Provided data =
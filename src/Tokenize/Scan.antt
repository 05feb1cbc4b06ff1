-- ===== src/Tokenize/Scan.antt =====
-- The loops of `Parser::tokenize` in src/parser.rs.
use aipl.Base.{
  ℕ, zero, suc, ◌+◌, String, Char, is_code, Bool, ◌||◌, Option, none, some, List, [], ◌∷◌, Result,
  ok, err, ◌>>=◌, if◌then◌else◌,
}
use Prim.Native.Char.{char, nul}
use aipl.Scopes.Shown.{is_whitespace}
use aipl.Token.{Token, TokenKind, Pos, l_paren, r_paren, l_bracket, r_bracket, colon, string_lit}
use aipl.Tokenize.Literals.{StdParse, cons, word_kind}

pub data TokenError : Type 0 where
  -- where the literal starts
  unterminated : Pos → TokenError
  unknown_escape : Pos → Char → TokenError
  odd_whitespace : Pos → Char → TokenError
  out_of_fuel : TokenError

abbrev pub newline : Char
newline = char 10 tt

abbrev pub tab : Char
tab = char 9 tt

abbrev pub carriage_return : Char
carriage_return = char 13 tt

abbrev pub backslash : Char
backslash = char 92 tt

abbrev pub double_quote : Char
double_quote = char 34 tt

-- What an escape stands for.
unfoldable pub unescape : Char → Option Char
unescape c =
    if is_code c b'n'
    then some newline
    else if is_code c b't'
    then some tab
    else if is_code c b'r'
    then some carriage_return
    else if is_code c b'0'
    then some nul
    else if is_code c 92
    then some backslash
    else if is_code c 34
    then some double_quote
    else none

-- What a scan inside a token gives: the token's text, what is left of the input, and the column.
abbrev pub Scanned : Type 0
Scanned = Result TokenError (String × String × ℕ)

abbrev pub with_char : Char → Scanned → Scanned
with_char c found = found >>= λ (s, rest, col). ok (cons c s, rest, col)

-- A string literal after its open quote, which stands at `start`.
module _ (start : Pos) (line : ℕ) where
  unfoldable mutual
    pub scan_string : ℕ → String → Scanned
    scan_string col String.[] = err (unterminated start)
    scan_string col (String.◌∷◌ c more) =
        let plain = with_char c (scan_string (col + 1) more) in
        let escape = scan_escape (col + 1) more in
        if is_code c 34
        then ok (String.[], more, col + 1)
        else if is_code c 10
        then err (unterminated start)
        else if is_code c 92
        then escape
        else plain

    -- After a backslash.
    pub scan_escape : ℕ → String → Scanned
    scan_escape col String.[] = err (unterminated start)
    scan_escape col (String.◌∷◌ c more) =
        let rest = scan_string (col + 1) more in
        elim (unescape c) [ none ↦ err (unknown_escape (line, col) c) | some e ↦ with_char e rest ]

-- A comment: what is left after it, and its line and column.
unfoldable pub scan_comment : ℕ → ℕ → String → String × ℕ × ℕ
scan_comment line col String.[] = (String.[], line, col)
scan_comment line col (String.◌∷◌ c more) =
    let later = scan_comment line (col + 1) more in
    if is_code c 10 then (more, line + 1, 1) else later

-- What ends a word.
unfoldable pub ends_word : Char → Bool
ends_word c =
    is_whitespace c
    || is_code c b'('
    || is_code c b')'
    || is_code c b'['
    || is_code c b']'
    || is_code c b':'

unfoldable pub scan_word : ℕ → String → String × String × ℕ
scan_word col String.[] = (String.[], String.[], col)
scan_word col (String.◌∷◌ c more) =
    let (word, rest, col') = scan_word (col + 1) more in
    if ends_word c then (String.[], cons c more, col) else (cons c word, rest, col')

-- A token of one character.
unfoldable pub mark_kind : Char → Option TokenKind
mark_kind c =
    if is_code c b'('
    then some l_paren
    else if is_code c b')'
    then some r_paren
    else if is_code c b'['
    then some l_bracket
    else if is_code c b']'
    then some r_bracket
    else if is_code c b':'
    then some colon
    else none

abbrev pub token_at : ℕ → ℕ → TokenKind → Token
token_at line col k = record { kind = k; line = line; col = col }

abbrev pub is_blank : Char → Bool
is_blank c = is_code c 32 || is_code c 9 || is_code c 13

abbrev pub Tokens : Type 0
Tokens = Result TokenError (List Token)

abbrev pub before : Token → Tokens → Tokens
before t found = found >>= λ ts. ok (t ∷ ts)

-- How many characters a text has.
unfoldable pub chars : String → ℕ
chars String.[] = 0
chars (String.◌∷◌ c s) = suc (chars s)

module _ (std : StdParse) where
  -- The body of the loop, at a character; `go` is the loop after it.
  unfoldable pub tokenize_step : (ℕ → ℕ → String → Tokens) → ℕ → ℕ → Char → String → Tokens
  tokenize_step go line col c more =
      if is_blank c
      then go line (col + 1) more
      else if is_code c 10
      then go (line + 1) 1 more
      else elim (mark_kind c) [
        | some k ↦ before (token_at line col k) (go line (col + 1) more)
        | none ↦
            if is_code c 34
            then (scan_string (line, col) line (col + 1) more >>= λ (s, rest, col').
                before (token_at line col (string_lit s)) (go line col' rest))
            else if is_code c 59
            then (let (rest, line', col') = scan_comment line col (cons c more) in
                go line' col' rest)
            else if is_whitespace c
            then err (odd_whitespace (line, col) c)
            else let (word, rest, col') = scan_word col (cons c more) in
              elim (word_kind std word) [
                | none ↦ go line col' rest
                | some k ↦ before (token_at line col k) (go line col' rest)
              ]
      ]

  unfoldable pub tokenize_from : ℕ → ℕ → ℕ → String → Tokens
  tokenize_from fuel line col String.[] = ok []
  tokenize_from zero line col (String.◌∷◌ c more) = err out_of_fuel
  tokenize_from (suc fuel) line col (String.◌∷◌ c more) =
      tokenize_step (tokenize_from fuel) line col c more

  unfoldable pub tokenize : String → Tokens
  tokenize input = tokenize_from (chars input) 1 1 input
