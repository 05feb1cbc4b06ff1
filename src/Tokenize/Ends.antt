-- ===== src/Tokenize/Ends.antt =====
-- The loop of `Parser::tokenize` in src/parser.rs and its fuel.
use aipl.Base.{
  ℕ, zero, suc, ◌+◌, ◌≤◌, ◌≡◌, ◌≢◌, refl, String, Char, is_code, Bool, true, false, ◌||◌, Option,
  none, some, Result, ok, err, ◌>>=◌, if◌then◌else◌, arith, List,
}
use aipl.Scopes.Shown.{is_whitespace}
use aipl.Token.{TokenKind, Token, l_paren, r_paren, l_bracket, r_bracket, colon}
use aipl.Tokenize.Literals.{StdParse, cons, word_kind}
use aipl.Tokenize.Scan.{
  TokenError, unterminated, unknown_escape, odd_whitespace, out_of_fuel, unescape, Scanned,
  with_char, scan_string, scan_escape, scan_comment, scan_word, ends_word, mark_kind, is_blank,
  Tokens, before, token_at, tokenize_step, tokenize_from, chars, tokenize,
}

-- A result that is there and satisfies P, or an error that is not the model's own.
abbrev pub Fine {ℓ} : {A : Type ℓ} → (A → Type 0) → Result TokenError A → Type 0
Fine P (ok a) = P a
Fine P (err out_of_fuel) = ⊥
Fine P (err _) = Unit

Fine->>= {ℓ κ} :
    {A : Type ℓ} {B : Type κ} (P : A → Type 0) (Q : B → Type 0) (r : Result TokenError A)
    (rest : A → Result TokenError B)
    → Fine P r
    → ((a : A) → P a → Fine Q (rest a))
    → Fine Q (r >>= rest)
Fine->>= P Q (ok a) rest h k = k a h
Fine->>= P Q (err (unterminated _)) rest h k = tt
Fine->>= P Q (err (unknown_escape _ _)) rest h k = tt
Fine->>= P Q (err (odd_whitespace _ _)) rest h k = tt
Fine->>= P Q (err out_of_fuel) rest h k = absurd h

Fine-if {ℓ} :
    {A : Type ℓ} (P : A → Type 0) (b : Bool) (x y : Result TokenError A)
    → (b ≡ true → Fine P x)
    → (b ≡ false → Fine P y)
    → Fine P (if b then x else y)
Fine-if P true x y p q = p refl
Fine-if P false x y p q = q refl

-- What is left is no longer than this.
abbrev Left : ℕ → String × String × ℕ → Type 0
Left n found = chars found.1 ≤ n

with_char-Fine :
    (c : Char) (r : Scanned) (n m : ℕ) → n ≤ m → Fine (Left n) r → Fine (Left m) (with_char c r)
with_char-Fine c r n m h fine =
    Fine->>= (Left n) (Left m) r _ fine (λ (s, rest, col) left. omega (arith, h, left))

module _ (start : ℕ × ℕ) (line : ℕ) where
  mutual
    unfolding scan_string scan_escape chars

    scan_string-Fine : (s : String) (col : ℕ) → Fine (Left (chars s)) (scan_string start line col s)
    scan_string-Fine String.[] col = tt
    scan_string-Fine (String.◌∷◌ c more) col =
        Fine-if (Left (suc (chars more))) (is_code c 34) _ _ (λ _. omega arith)
          (λ _.
            Fine-if (Left (suc (chars more))) (is_code c 10) _ _ (λ _. tt)
              (λ _.
                Fine-if (Left (suc (chars more))) (is_code c 92) _ _
                  (λ _. scan_escape-Fine more (col + 1))
                  (λ _.
                    with_char-Fine c _ (chars more) (suc (chars more)) (omega arith)
                      (scan_string-Fine more (col + 1)))))

    scan_escape-Fine :
        (s : String) (col : ℕ) → Fine (Left (suc (chars s))) (scan_escape start line col s)
    scan_escape-Fine String.[] col = tt
    scan_escape-Fine (String.◌∷◌ c more) col =
        elim (unescape c)
          as (λ o. Fine (Left (suc (suc (chars more)))) (elim o [
            | none ↦ err (unknown_escape (line, col) c)
            | some e ↦ with_char e (scan_string start line (col + 1) more)
          ])) [
            | none ↦ tt
            | some e ↦
                with_char-Fine e _ (chars more) (suc (suc (chars more))) (omega arith)
                  (scan_string-Fine more (col + 1))
          ]

scan_comment-chars : (line col : ℕ) (s : String) → chars (scan_comment line col s).0 ≤ chars s
unfolding scan_comment chars
scan_comment-chars line col String.[] = omega arith
scan_comment-chars line col (String.◌∷◌ c more) =
    let ih = scan_comment-chars line (col + 1) more in
    elim (is_code c 10)
      as (λ b.
        chars (if b then (more, line + 1, 1) else scan_comment line (col + 1) more).0
        ≤ suc (chars more)) [ true ↦ omega arith | false ↦ omega (arith, ih) ]

pick-chars :
    (b : Bool) (x y : String × String × ℕ) (n : ℕ)
    → chars x.1 ≤ n
    → chars y.1 ≤ n
    → chars (if b then x else y).1 ≤ n
pick-chars true x y n p q = p
pick-chars false x y n p q = q

scan_word-chars : (col : ℕ) (s : String) → chars (scan_word col s).1 ≤ chars s
unfolding scan_word chars
scan_word-chars col String.[] = omega arith
scan_word-chars col (String.◌∷◌ c more) =
    let ih = scan_word-chars (col + 1) more in
    let (word, rest, col') = scan_word (col + 1) more in
    pick-chars (ends_word c) (String.[], cons c more, col) (cons c word, rest, col')
      (suc (chars more)) (omega arith) (omega (arith, ih))

scan_comment-shorter :
    (line col : ℕ) (c : Char) (more : String)
    → is_code c 10 ≡ false
    → chars (scan_comment line col (cons c more)).0 ≤ chars more
unfolding scan_comment
scan_comment-shorter line col c more h = rw h (scan_comment-chars line (col + 1) more)

-- A word takes its first character, unless that ends words.
scan_word-shorter :
    (col : ℕ) (c : Char) (more : String)
    → ends_word c ≡ false
    → chars (scan_word col (cons c more)).1 ≤ chars more
unfolding scan_word
scan_word-shorter col c more h = rw h (scan_word-chars (col + 1) more)

marks :
    (a b d e f w : Bool)
    → (if a
        then some l_paren
        else if b
        then some r_paren
        else if d
        then some l_bracket
        else if e
        then some r_bracket
        else if f
        then some colon
        else none)
      ≡ none
    → w ≡ false
    → (w || a || b || d || e || f) ≡ false
marks true b d e f w h n = cc
marks false true d e f w h n = cc
marks false false true e f w h n = cc
marks false false false true f w h n = cc
marks false false false false true w h n = cc
marks false false false false false w h n = ground arith

-- A character that begins a word does not end one.
pub begins_word : (c : Char) → mark_kind c ≡ none → is_whitespace c ≡ false → ends_word c ≡ false
unfolding mark_kind ends_word
begins_word c h k =
    marks (is_code c b'(') (is_code c b')') (is_code c b'[') (is_code c b']') (is_code c b':')
      (is_whitespace c) h k

abbrev Any : List Token → Type 0
Any ts = Unit

before-Fine : (t : Token) (found : Tokens) → Fine Any found → Fine Any (before t found)
before-Fine t found fine = Fine->>= Any Any found _ fine (λ ts _. tt)

mark-Fine :
    (o : Option TokenKind) (f : TokenKind → Tokens) (x : Tokens)
    → ((k : TokenKind) → Fine Any (f k))
    → (o ≡ none → Fine Any x)
    → Fine Any (elim o [ some k ↦ f k | none ↦ x ])
mark-Fine none f x p q = q refl
mark-Fine (some k) f x p q = p k

module _ (std : StdParse) (go : ℕ → ℕ → String → Tokens) (line col : ℕ) (c : Char)
    (more : String) where
  word_step-Fine :
      (col' : ℕ) (word rest : String)
      → Fine Any (go line col' rest)
      → Fine Any (elim (word_kind std word) [
        | none ↦ go line col' rest
        | some k ↦ before (token_at line col k) (go line col' rest)
      ])
  word_step-Fine col' word rest fine =
      elim (word_kind std word)
        as (λ o. Fine Any (elim o [
          | none ↦ go line col' rest
          | some k ↦ before (token_at line col k) (go line col' rest)
        ])) [ none ↦ fine | some k ↦ before-Fine _ _ fine ]

  -- Each turn of the loop leaves no more than the text after its first character.
  tokenize_step-Fine :
      ((l k : ℕ) (s : String) → chars s ≤ chars more → Fine Any (go l k s))
      → Fine Any (tokenize_step std go line col c more)
  unfolding tokenize_step chars
  tokenize_step-Fine h =
      Fine-if Any (is_blank c) _ _ (λ _. h line (col + 1) more (omega arith))
        (λ _.
          Fine-if Any (is_code c 10) _ _ (λ _. h (line + 1) 1 more (omega arith))
            (λ same_line.
              mark-Fine (mark_kind c) _ _
                (λ k. before-Fine _ _ (h line (col + 1) more (omega arith)))
                (λ plain.
                  Fine-if Any (is_code c 34) _ _
                    (λ _.
                      Fine->>= (Left (chars more)) Any (scan_string (line, col) line (col + 1) more)
                        _ (scan_string-Fine (line, col) line more (col + 1))
                        (λ (s, rest, col') left. before-Fine _ _ (h line col' rest left)))
                    (λ _.
                      Fine-if Any (is_code c 59) _ _
                        (λ _. h _ _ _ (scan_comment-shorter line col c more same_line))
                        (λ _.
                          Fine-if Any (is_whitespace c) _ _ (λ _. tt)
                            (λ visible. word_step-Fine _ _ _ (
                              h line _ _
                                (scan_word-shorter col c more (begins_word c plain visible)))))))))

tokenize_from-Fine :
    (std : StdParse) (fuel line col : ℕ) (s : String)
    → chars s ≤ fuel
    → Fine Any (tokenize_from std fuel line col s)
unfolding tokenize_from chars
tokenize_from-Fine std fuel line col String.[] h = tt
tokenize_from-Fine std zero line col (String.◌∷◌ c more) h = absurd (omega arith)
tokenize_from-Fine std (suc fuel) line col (String.◌∷◌ c more) h =
    tokenize_step-Fine std (tokenize_from std fuel) line col c more
      (λ l k s short. tokenize_from-Fine std fuel l k s (omega arith))

Fine-ne : (r : Tokens) → Fine Any r → r ≢ err out_of_fuel
Fine-ne (ok ts) fine e = cc
Fine-ne (err (unterminated _)) fine e = cc
Fine-ne (err (unknown_escape _ _)) fine e = cc
Fine-ne (err (odd_whitespace _ _)) fine e = cc
Fine-ne (err out_of_fuel) fine e = absurd fine

-- On every text the tokenizer gives its tokens or one of its messages: as many turns of its loop as the
-- text has characters are enough.
pub tokenize-ne-out_of_fuel :
    (std : StdParse) (input : String) → tokenize std input ≢ err out_of_fuel
unfolding tokenize
tokenize-ne-out_of_fuel std input =
    Fine-ne _ (tokenize_from-Fine std (chars input) 1 1 input (omega arith))
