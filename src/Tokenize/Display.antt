-- ===== src/Tokenize/Display.antt =====
-- How a token is shown: `Display for TokenKind` of src/parser.rs. Each function gives what is written
-- followed by a tail.
use Prim.Native.String.{◌++◌}
use Prim.Native.Char.{char}
use aipl.Base.{suc, ℤ, pos, negsuc, String, Char, is_code, true, false, if◌then◌else◌}
use aipl.Text.Decimal.{decimal}
use aipl.Token.{
  TokenKind, l_paren, r_paren, l_bracket, r_bracket, colon, arrow, symbol, int_lit, int64_lit,
  float_lit, float32_lit, string_lit, bool_lit,
}
use aipl.Tokenize.Literals.{cons}
use aipl.Tokenize.Scan.{backslash, double_quote}

unfoldable pub show_char : Char → String → String
show_char c tail =
    if is_code c 34
    then cons backslash (cons double_quote tail)
    else if is_code c 92
    then cons backslash (cons backslash tail)
    else if is_code c 10
    then cons backslash (cons (char 110 tt) tail)
    else if is_code c 9
    then cons backslash (cons (char 116 tt) tail)
    else if is_code c 13
    then cons backslash (cons (char 114 tt) tail)
    else if is_code c 0
    then cons backslash (cons (char 48 tt) tail)
    else cons c tail

unfoldable pub show_text : String → String → String
show_text String.[] tail = tail
show_text (String.◌∷◌ c s) tail = show_char c (show_text s tail)

unfoldable pub show_int : ℤ → String
show_int (pos n) = decimal n
show_int (negsuc n) = "-" ++ decimal (suc n)

-- A token that is a word, as it is written.
unfoldable pub word_of : TokenKind → String
word_of arrow = "->"
word_of (symbol s) = s
word_of (int_lit v) = show_int v
word_of (int64_lit v) = show_int v ++ "i64"
word_of (float_lit _ text) = text
word_of (float32_lit _ text) = text
word_of (bool_lit true) = "true"
word_of (bool_lit false) = "false"
word_of _ = ""

unfoldable pub display : TokenKind → String → String
display l_paren tail = cons (char 40 tt) tail
display r_paren tail = cons (char 41 tt) tail
display l_bracket tail = cons (char 91 tt) tail
display r_bracket tail = cons (char 93 tt) tail
display colon tail = cons (char 58 tt) tail
display (string_lit s) tail = cons double_quote (show_text s (cons double_quote tail))
display k tail = word_of k ++ tail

Instructions for the task = Above are the entries. Quote exactly the lines from the one bearing "if is_code c b'('" through the one bearing "then (scan_string (line, col)".

Answer box =
    if is_code c b'('
    then some l_paren
    else if is_code c b')'
    then some r_paren
    else if is_code c b'['
    then some l_bracket
    else if is_code c b']'
    then some r_bracket
    else if is_code c b':'
    then some colon
    else none

abbrev pub token_at : ℕ → ℕ → TokenKind → Token
token_at line col k = record { kind = k; line = line; col = col }

abbrev pub is_blank : Char → Bool
is_blank c = is_code c 32 || is_code c 9 || is_code c 13

abbrev pub Tokens : Type 0
Tokens = Result TokenError (List Token)

abbrev pub before : Token → Tokens → Tokens
before t found = found >>= λ ts. ok (t ∷ ts)

-- How many characters a text has.
unfoldable pub chars : String → ℕ
chars String.[] = 0
chars (String.◌∷◌ c s) = suc (chars s)

module _ (std : StdParse) where
  -- The body of the loop, at a character; `go` is the loop after it.
  unfoldable pub tokenize_step : (ℕ → ℕ → String → Tokens) → ℕ → ℕ → Char → String → Tokens
  tokenize_step go line col c more =
      if is_blank c
      then go line (col + 1) more
      else if is_code c 10
      then go (line + 1) 1 more
      else elim (mark_kind c) [
        | some k ↦ before (token_at line col k) (go line (col + 1) more)
        | none ↦
            if is_code c 34
            then (scan_string (line, col) line (col + 1) more >>= λ (s, rest, col').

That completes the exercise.